The units described above as separate components may or may not be physically separate, and components shown as units may or may not be physical units, may be located in one place, or may be distributed over a plurality of network units. Some or all of the units may be selected according to actual needs to achieve the purpose of the solution of this embodiment.
In addition, each functional unit in the embodiments of the present application may be integrated in one processing unit, or each unit may exist alone physically, or two or more units may be integrated in one unit. The integrated units may be implemented in hardware or in software functional units.
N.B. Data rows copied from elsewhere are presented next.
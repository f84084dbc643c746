-- ===== src/Chat/Raw.antt =====
-- apps/chat-service/chat_service/llm/sdk_integrations.py: chats with the providers' own clients, which the
-- SDK has instrumented, over a script of what a client does.
pub mod Logged
pub mod Events
use inferspect.Prelude.{
  ℕ, String, Bool, true, false, ◌||◌, Option, none, some, List, [], ◌∷◌, str_eq, str_append,
  str_join, str_startswith, if◌then◌else◌,
}
use inferspect.Value.{Value, Fields, str, obj, end, field}
use inferspect.Value.Codec.{Codec}
use inferspect.Sdk.Schema.{InferenceLog}
use inferspect.Sdk.Client.Context.{Ids, current_ctx_kwargs}
use inferspect.Sdk.Client.Span.{Opening, Ending}
use inferspect.Sdk.Client.Logger.{Exit, returned}
use inferspect.Sdk.Anthropic as Anthropic
use inferspect.Sdk.Anthropic.{blocks_text}
use inferspect.Sdk.Openai as Openai
use inferspect.Sdk.Openai.{Completion, CompletionUsage, Delta, Timing}
use inferspect.Chat.Models.{strip_raw_prefix}

pub record RawResponse : Type 0 where
  pub content : String
  pub provider : String
  pub model : String
  pub prompt_tokens : ℕ
  pub completion_tokens : ℕ

abbrev message_of : String → String → Value
message_of role content = obj (field "role" (str role) (field "content" (str content) end))

abbrev openai_role : String → Bool
openai_role role = str_eq role "user" || (str_eq role "assistant" || str_eq role "system")

abbrev pub openai_history : List (String × String) → List Value
openai_history [] = []
openai_history ((role, content) ∷ rest) =
    let later = openai_history rest in
    if openai_role role then message_of role content ∷ later else later

-- `_to_openai_messages`
unfoldable pub to_openai_messages : String → List (String × String) → List Value
to_openai_messages system_prompt history =
    message_of "system" system_prompt ∷ openai_history history

-- `_to_anthropic_messages`
unfoldable pub to_anthropic_messages : List (String × String) → List Value
to_anthropic_messages [] = []
to_anthropic_messages ((role, content) ∷ rest) =
    let later = to_anthropic_messages rest in
    if str_eq role "user" || str_eq role "assistant" then message_of role content ∷ later else later

-- `_ctx`: the ids that a call of a client sees.
unfoldable pub context_ids : Bool → Option String → Option String → Option Ids → Option Ids
context_ids false conversation_id user_id active = active
context_ids true conversation_id user_id active =
    some (record { conversation_id = conversation_id; session_id = none; user_id = user_id })

abbrev pub or_empty : Option String → String
or_empty none = ""
or_empty (some s) = s

abbrev count : Option ℕ → ℕ
count none = 0
count (some n) = n

abbrev prompt_count : Option CompletionUsage → ℕ
prompt_count none = 0
prompt_count (some u) = count u.prompt_tokens

abbrev completion_count : Option CompletionUsage → ℕ
completion_count none = 0
completion_count (some u) = count u.completion_tokens

-- How a chat ends for the caller; `no_choice` is the IndexError of an answer without a choice.
pub data Reply : Type 0 where
  replied : RawResponse → Reply
  no_client unknown_model no_choice : Reply
  raised : Exit → Reply

abbrev pub reply_of : String → Completion → Reply
reply_of model r = elim r.choice [
  | none ↦ no_choice
  | some m ↦ replied (record {
    content = or_empty m.content;
    provider = "openai";
    model = model;
    prompt_tokens = prompt_count r.usage;
    completion_tokens = completion_count r.usage;
  })
]

-- A request, with the service's name and the id of the span that the client's wrapper opens.
pub record Request : Type 0 where
  pub model : String
  pub system_prompt : String
  pub history : List (String × String)
  pub conversation_id : Option String
  pub user_id : Option String
  pub service : String
  pub request_id : String

-- The call of the instrumented client.
abbrev pub call_of : Request → Bool → Openai.Call
call_of q stream =
    let ids = current_ctx_kwargs (context_ids true q.conversation_id q.user_id none) in
    record {
      service = q.service;
      request_id = q.request_id;
      conversation_id = ids.conversation_id;
      session_id = ids.session_id;
      user_id = ids.user_id;
      model = some (strip_raw_prefix q.model);
      stream = stream;
      messages = to_openai_messages q.system_prompt q.history;
    }

-- The texts that a stream yields: those of the chunks that have a choice and a text.
abbrev pub delta_text : Option Delta → String
delta_text none = ""
delta_text (some d) = or_empty d.content

abbrev pub deltas : List Completion → List String
deltas [] = []
deltas (r ∷ rs) =
    let later = deltas rs in
    if str_eq (delta_text r.choice) "" then later else delta_text r.choice ∷ later

-- A call that does not ask for a stream gives none, and one that does gives nothing else.
abbrev pub reply_seen : String → Openai.Seen → Reply
reply_seen model (Openai.sees_error e) = raised e
reply_seen model (Openai.sees r) = reply_of model r
reply_seen model (Openai.sees_stream chunks left) = no_choice

-- What a stream of text gives its consumer.
pub record Streamed : Type 0 where
  pub texts : List String
  pub left : Option Exit

abbrev pub streamed_seen : Openai.Seen → Streamed
streamed_seen (Openai.sees_error e) = record { texts = []; left = some e }
streamed_seen (Openai.sees r) = record { texts = []; left = none }
streamed_seen (Openai.sees_stream chunks left) = record { texts = deltas chunks; left = left }

-- `chat` and `stream_chat` with a model of OpenAI, where the client is there and the SDK has a logger.
module _ (c : Codec) (redact : String → String) (q : Request) (started_at : ℕ) (timing : Timing)
    (e : Ending) where
  unfoldable pub chat_openai : Openai.Script → Reply × InferenceLog
  chat_openai script =
      let (seen, log) = Openai.create c redact (call_of q false) started_at end timing script e in
      (reply_seen (strip_raw_prefix q.model) seen, log)

  unfoldable pub stream_openai : Openai.Script → Streamed × InferenceLog
  stream_openai script =
      let (seen, log) = Openai.create c redact (call_of q true) started_at end timing script e in
      (streamed_seen seen, log)

-- `chat`, with whether the clients are there: what is done by OpenAI's and by Anthropic's client, or
-- the error that is raised.
pub data Route : Type 0 where
  to_openai to_anthropic : Route
  refused : Reply → Route

unfoldable pub route : Bool → Bool → String → Route
route openai anthropic model =
    if str_startswith "raw-openai/" model
    then (if openai then to_openai else refused no_client)
    else if str_startswith "raw-anthropic/" model
    then (if anthropic then to_anthropic else refused no_client)
    else refused unknown_model

abbrev anthropic_count : Option Anthropic.AnthropicUsage → (Anthropic.AnthropicUsage → Option ℕ) → ℕ
anthropic_count none field_of = 0
anthropic_count (some u) field_of = count (field_of u)

abbrev pub anthropic_reply : String → Anthropic.Script → Reply
anthropic_reply model (Anthropic.raises e) = raised e
anthropic_reply model (Anthropic.answers r) = replied (record {
  content = blocks_text r.content;
  provider = "anthropic";
  model = model;
  prompt_tokens = anthropic_count r.usage (λ u. u.input_tokens);
  completion_tokens = anthropic_count r.usage (λ u. u.output_tokens);
})

abbrev pub anthropic_opening : Request → Bool → Opening
anthropic_opening q stream =
    let ids = current_ctx_kwargs (context_ids true q.conversation_id q.user_id none) in
    record {
      service = q.service;
      request_id = q.request_id;
      conversation_id = ids.conversation_id;
      session_id = ids.session_id;
      user_id = ids.user_id;
      provider = "anthropic";
      model = strip_raw_prefix q.model;
      stream = stream;
    }

-- `chat` with a model of Anthropic; the history is in the call without the system prompt.
unfoldable pub chat_anthropic :
    Codec
    → (String → String)
    → Request
    → ℕ
    → Fields
    → Anthropic.Script
    → Ending
    → Reply × InferenceLog
chat_anthropic c redact q started_at timing script e = (
  anthropic_reply (strip_raw_prefix q.model) script,
  Anthropic.create c redact (anthropic_opening q false) (to_anthropic_messages q.history) started_at
      end timing script e,
)
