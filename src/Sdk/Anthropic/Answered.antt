-- ===== src/Sdk/Anthropic/Answered.antt =====
-- What is logged of an answer of the Anthropic client.
use inferspect.Prelude.{
  ℕ, ◌≡◌, refl, ap, sym, ◌∙◌, inl, inr, String, Bool-cases, Option, none, some, List, [], str_eq,
  eq_iff, str_join, str_append_empty,
}
use inferspect.Value.{Value, Fields}
use inferspect.Value.Codec.{Codec}
use inferspect.Sdk.Schema.{Status}
use inferspect.Sdk.Client.{truncate}
use inferspect.Sdk.Client.Span.{
  Opening, InferenceSpan, Ending, open_span, with_text, with_usage, set_response, finalize,
}
use inferspect.Sdk.Client.Chunk.{Usage, chunk_text}
use inferspect.Sdk.Client.Logger.{call_span, call_all, inference_log}
use inferspect.Sdk.Openai.{last_user_text}
use inferspect.Sdk.Anthropic.{Reply, blocks_text, answers, normalize_response, wrapper, create}

with_usage-chunks :
    (u : Option Usage) (s : InferenceSpan) → (with_usage u s).output_chunks ≡ s.output_chunks
with_usage-chunks none s = refl
with_usage-chunks (some u) s = refl

with_usage-opening : (u : Option Usage) (s : InferenceSpan) → (with_usage u s).opening ≡ s.opening
with_usage-opening none s = refl
with_usage-opening (some u) s = refl

with_text-opening : (text : String) (s : InferenceSpan) → (with_text text s).opening ≡ s.opening
with_text-opening text s = elim (Bool-cases (str_eq text "")) [
  | inl e ↦ rw e refl
  | inr e ↦ rw e refl
]

with_text-join :
    (text : String) (s : InferenceSpan)
    → s.output_chunks ≡ []
    → str_join (with_text text s).output_chunks ≡ text
with_text-join text s h = elim (Bool-cases (str_eq text "")) [
  | inl e ↦ let empty = (eq_iff text "").0 e in rw (e, h) (sym empty)
  | inr e ↦ rw (e, h) (str_append_empty text)
]

-- The log of a call that is answered has the text of the answer's text blocks in order, truncated and
-- redacted, the provider `anthropic` and the status ok.
pub create-answers :
    (c : Codec) (redact : String → String) (opening : Opening) (messages : List Value)
    (started_at : ℕ) (metadata timing : Fields) (reply : Reply) (e : Ending)
    → let log = create c redact opening messages started_at metadata timing (answers reply) e in
      (log.output_preview ≡ redact (truncate (blocks_text reply.content)))
      × (log.provider ≡ "anthropic")
      × (log.status ≡ Status.ok)
unfolding create wrapper inference_log call_all call_span open_span finalize set_response
    normalize_response chunk_text
create-answers c redact opening messages started_at metadata timing reply e =
    let text = blocks_text reply.content in
    let usage = (normalize_response reply).usage in
    let s =
      open_span (record opening { provider = "anthropic" }) started_at (last_user_text c messages)
        metadata in
    (
      ap (λ ts. redact (truncate (str_join ts))) (with_usage-chunks usage (with_text text s))
          ∙ ap (λ t. redact (truncate t)) (with_text-join text s refl),
      ap (λ o. o.provider) (with_usage-opening usage (with_text text s) ∙ with_text-opening text s),
      refl,
    )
The integrated units described above, if implemented in the form of software functional units and sold or used as stand-alone products, may be stored in a computer readable storage medium. Based on this understanding, the technical solution of the present application may be embodied in essence or a part contributing to the prior art or all or part of the technical solution in the form of a software product stored in a storage medium, including several instructions for causing a computer device (which may be a personal computer, a server or a network device, etc., in particular may be a processor in the computer device) to perform all or part of the steps of the above-mentioned method of the various embodiments of the present application. Wherein the aforementioned storage medium may comprise: various media capable of storing program codes, such as a U disk, a removable hard disk, a magnetic disk, a compact disk, a Read-Only Memory (abbreviated as ROM), or a random access Memory (Random Access Memory, abbreviated as RAM), are provided.
The above embodiments are only for illustrating the technical solution of the present application, and not for limiting the same; although the application has been described in detail with reference to the foregoing embodiments, it will be understood by those of ordinary skill in the art that: the technical scheme described in the foregoing embodiments can be modified or some technical features thereof can be replaced by equivalents; such modifications and substitutions do not depart from the spirit and scope of the technical solutions of the embodiments of the present application.